** RECORDS FOR THIS EXERCISE follows **
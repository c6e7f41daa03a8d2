-- ===== src/Runloop.antt =====
-- src/runloop.c and src/runloop.h: the event loop over libuv.
pub mod Later
pub mod Loop
pub mod Poll
pub mod Timer
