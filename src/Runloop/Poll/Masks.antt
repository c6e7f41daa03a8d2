-- ===== src/Runloop/Poll/Masks.antt =====
-- src/runloop.c: the two translations between the program's event masks and libuv's.
use righack.Base.{ℕ, ◌*◌, ◌/◌, ◌%◌, ◌≡◌, false, arith}
use righack.External.{UvEvents}
use righack.Runloop.Poll.{events_of_uv, uv_of_events}

-- A mask that libuv reports comes back from the program's mask, less `UV_DISCONNECT`, which has no
-- counterpart.
uv_of_events-events_of_uv :
    (u : UvEvents) → uv_of_events (events_of_uv u) ≡ record u { disconnect = false }
unfolding uv_of_events events_of_uv
uv_of_events-events_of_uv u = ground arith

-- Of a mask of the program all but PEVENT_ERROR and what lies above the four bits comes back.
events_of_uv-uv_of_events : (e : ℕ) → events_of_uv (uv_of_events e) ≡ (e / 2) % 8 * 2
unfolding uv_of_events events_of_uv
events_of_uv-uv_of_events e = ground arith

-- The two translations invert each other: libuv's mask comes back less `UV_DISCONNECT`, which has no
-- counterpart, and a mask of the program less PEVENT_ERROR and what lies above its four bits.
pub masks-invert :
    ((u : UvEvents) → uv_of_events (events_of_uv u) ≡ record u { disconnect = false })
    × ((e : ℕ) → events_of_uv (uv_of_events e) ≡ (e / 2) % 8 * 2)
masks-invert = (uv_of_events-events_of_uv, events_of_uv-uv_of_events)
** End of RECORDS FOR THIS EXERCISE **
### TASK TO COMPLETE
Starting at the line in the records above that contains "-- The two translations", output every line up to and including the last one, with nothing added.

### TASK RESULT
-- The two translations invert each other: libuv's mask comes back less `UV_DISCONNECT`, which has no
-- counterpart, and a mask of the program less PEVENT_ERROR and what lies above its four bits.
pub masks-invert :
    ((u : UvEvents) → uv_of_events (events_of_uv u) ≡ record u { disconnect = false })
    × ((e : ℕ) → events_of_uv (uv_of_events e) ≡ (e / 2) % 8 * 2)
masks-invert = (uv_of_events-events_of_uv, events_of_uv-uv_of_events)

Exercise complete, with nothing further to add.